Taking a quick look at fit.View attachment 68752

I found this respirator to be great for full beards, called the resp o rator.
View attachment 68753
I'm going to break the pics down as I am sure to mix things up as I go along. More coming.
I have been looking at a better respirator than the half mask I have which never really seals against my beard. I have read positive reports on them but it was the blocking the nose and only breathing through the mouth that had me wondering how comfortable they are for a coupe of hours use at a time.
 
It took me a couple days to get used to it as I have never snorkled or scuba dived. Now I don't even use the nose clip as it has become second nature for me. For the first 3 or 4 days I experienced a bit of dry mouth/throat from mouth breathing. Haven't noticed that since the beginning. From what I have read/heard, there are better types out there , but cost hundreds of dollars.
Some days I forget I have it on.
 
It took me a couple days to get used to it as I have never snorkled or scuba dived. Now I don't even use the nose clip as it has become second nature for me. For the first 3 or 4 days I experienced a bit of dry mouth/throat from mouth breathing.
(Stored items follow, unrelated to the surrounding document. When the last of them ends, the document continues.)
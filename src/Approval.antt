-- ===== src/Approval.antt =====
-- The approvals of a run, src/bridge/approval-coordinator.ts.
pub mod Types
pub mod Questions
pub mod Coordinator
pub mod Answers
pub mod Step
pub mod Lives
pub mod LifeLaws
pub mod CallMoves
pub mod AnswerMoves
pub mod Refinement
pub mod Deadlines
pub mod Once
pub mod Clicks
pub mod Batch
mod Tests
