-- ===== src/RunState/Types.antt =====
-- The types of src/card/run-state.ts and the events of src/runner/types.ts. An `unknown` payload is
-- the text that `stringifyUnknown` returns for it; a parsed record is the list of its keys. Views of
-- approvals, goals and hints are opaque to the reducer and stand as the number of a value.
use lark_remote.Common.{ℕ, String, Text, Bool, List, Option}

pub data RunTerminal : Type 0 where
  running finalizing done error interrupted idle_timeout goal_continuing : RunTerminal

pub data RunFooter : Type 0 where
  thinking tool_running streaming : RunFooter

pub data InterruptedReason : Type 0 where
  approval_timeout user_stop approval_cancelled : InterruptedReason

pub data ToolStatus : Type 0 where
  running ok error : ToolStatus

pub record ToolEntry : Type 0 where
  pub id : String
  pub name : Text
  pub input : Text
  pub parsed_input : Option (List Text)
  pub output : Option Text
  pub status : ToolStatus
  pub started_at : Option String
  pub completed_at : Option String
  pub tool_hint : Option ℕ
  pub summary : Option Text

pub record ThinkingBlock : Type 0 where
  pub item_id : Option String
  pub content : Text
  pub active : Bool
  pub timestamp : Option String
  pub completed_at : Option String

pub record TextBlock : Type 0 where
  pub item_id : Option String
  pub content : Text
  pub timestamp : Option String
  pub completed_at : Option String

pub record PlanBlock : Type 0 where
  pub item_id : Option String
  pub content : Text
  pub active : Bool
  pub timestamp : Option String
  pub completed_at : Option String

pub data Operation : Type 0 where
  create edit delete read : Operation

pub record FileBlock : Type 0 where
  pub item_id : Option String
  pub path : String
  pub operation : Operation
  pub diff : Option Text
  pub timestamp : Option String
  pub completed_at : Option String

pub data RunBlock : Type 0 where
  thinking : ThinkingBlock → RunBlock
  text : TextBlock → RunBlock
  tool : ToolEntry → RunBlock
  plan : PlanBlock → RunBlock
  file_change : FileBlock → RunBlock

pub record RunNotice : Type 0 where
  pub level : ℕ
  pub code : Option String
  pub text : Text
  pub timestamp : Option String

pub data AnswerSource : Type 0 where
  protocol inferred : AnswerSource

pub record FinalAnswer : Type 0 where
  pub content : Text
  pub timestamp : Option String
  pub complete : Bool
  pub source : AnswerSource

pub data ResultSubtype : Type 0 where
  success error interrupted : ResultSubtype

-- A request id on the wire, a number or a text.
pub data RequestId : Type 0 where
  num : ℕ → RequestId
  str : String → RequestId

-- What is shown of an approval besides its request id is the number of a value.
pub record ApprovalView : Type 0 where
  pub request_id : RequestId
  pub shown : ℕ

pub record Approval : Type 0 where
  pub view : ApprovalView
  pub expired : Bool

pub record LiveStatus : Type 0 where
  pub context_used : Option ℕ
  pub context_limit : Option ℕ
  pub steps : Option ℕ
  pub tool_ms : Option ℕ

pub record Job : Type 0 where
  pub id : String
  pub label : Text
  pub status : Option String
  pub progress : Option Text

-- The usage fields, of which the reducer itself writes three.
pub record Usage : Type 0 where
  pub context_length : Option ℕ
  pub context_limit : Option ℕ
  pub compact_count : Option ℕ
  pub total_tokens : Option ℕ

pub record RunState : Type 0 where
  pub run_id : String
  pub terminal : RunTerminal
  pub footer : Option RunFooter
  pub started_at : Option ℕ
  pub finished_at : Option ℕ
  pub blocks : List RunBlock
  pub final_answer : Option FinalAnswer
  pub session_id : Option String
  pub result_subtype : Option ResultSubtype
  pub interrupted_reason : Option InterruptedReason
  pub error_msg : Option Text
  pub idle_timeout_minutes : Option ℕ
  pub plan : Option Text
  pub model : Option String
  pub cost_usd : Option ℕ
  pub notices : List RunNotice
  pub omitted_blocks : ℕ
  pub session_title : Option Text
  pub mode : Option String
  pub operation_kind : Option ℕ
  pub approvals : List Approval
  pub approval_expired : Bool
  pub live_status : Option LiveStatus
  pub background_jobs : List Job
  pub goal : Option ℕ
  pub goal_known : Option Bool
  pub usage : Usage

pub data AssistantContent : Type 0 where
  thinking : Text → Option String → AssistantContent
  text : Text → AssistantContent
  tool_use : String → Text → Text → Option Text → AssistantContent

pub record ToolResult : Type 0 where
  pub tool_use_id : String
  pub content : Text
  pub is_error : Bool

pub data ChangeKind : Type 0 where
  add update delete : ChangeKind

pub record FileDiff : Type 0 where
  pub path : String
  pub kind : ChangeKind
  pub diff : Option Text

pub record TurnDiff : Type 0 where
  pub item_id : String
  pub text : Option Text
  pub reasoning : Option Text
  pub tool_output : Option Text
  pub plan : Option Text
  pub file_changes : Option (List FileDiff)
  pub complete : Bool
  pub refresh_timestamp : Bool
  pub tool_status : Option ToolStatus
  pub tool_name : Option Text
  pub tool_input : Option Text
  pub tool_hint : Option ℕ
  pub timestamp : Option String

-- `AgentEvent`, by the type and subtype that the reducer reads; the last time stamp is the event's.
pub data AgentEvent : Type 0 where
  system_init : String → String → AgentEvent
  compact_boundary : Option ℕ → AgentEvent
  run_status : LiveStatus → AgentEvent
  goal_state : Option ℕ → Bool → AgentEvent
  background_jobs : List Job → AgentEvent
  result : ResultSubtype → Option Text → Option Text → Option ℕ → AgentEvent
  final_answer : Text → Option String → Option Bool → Option String → AgentEvent
  assistant : List AssistantContent → Option String → AgentEvent
  user : List ToolResult → Option String → AgentEvent
  plan : Text → Option String → AgentEvent
  file_change : String → Option Text → Operation → Option String → AgentEvent
  notice : RunNotice → AgentEvent
  session_info : Option Text → Option String → AgentEvent
  turn_started : ℕ → AgentEvent
  turn_diff : TurnDiff → AgentEvent
  approval_requested : RequestId → ApprovalView → AgentEvent
  approval_resolved : RequestId → AgentEvent
  approval_view_updated : RequestId → ApprovalView → AgentEvent
  approval_expired : RequestId → AgentEvent
  other : AgentEvent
Haven't noticed that since the beginning. From what I have read/heard, there are better types out there , but cost hundreds of dollars.
Some days I forget I have it on.
I have just ordered one Dan. Thanks for the feedback that mirrors what others have been saying
 
Anthony Self did a vid on using a C-Pap machine...positive flow and goes over the nose and doesn't fight the beard...of which his is spectacular...lol. He puts it in a drawer under the grinder where the dust can't get to it...

Dan...great WIP!!
 
Putting this one on hold for a few days, rewiring the shop again (third time, more equipment each time). Didn't want to appear to be abandoning this.
 
That's nice looking knife you have going there. I do admit that the picture of the blade hanging out over the edge of the knife board gave me the willies though. You could really cut yourself or, worse yet, stab yourself with it hanging over the edge that way.

Doug
 
You are correct, Doug, that would be an unsafe practice for sure! I had released one of the toggle clamps to swivel the blade around for a better picture.
 
Gave up trying to finish a pin press for this so I am continuing on peening the pins to the bolster.
Pins are tight, now need to grind off all but a heavy 32nd protruding from each side.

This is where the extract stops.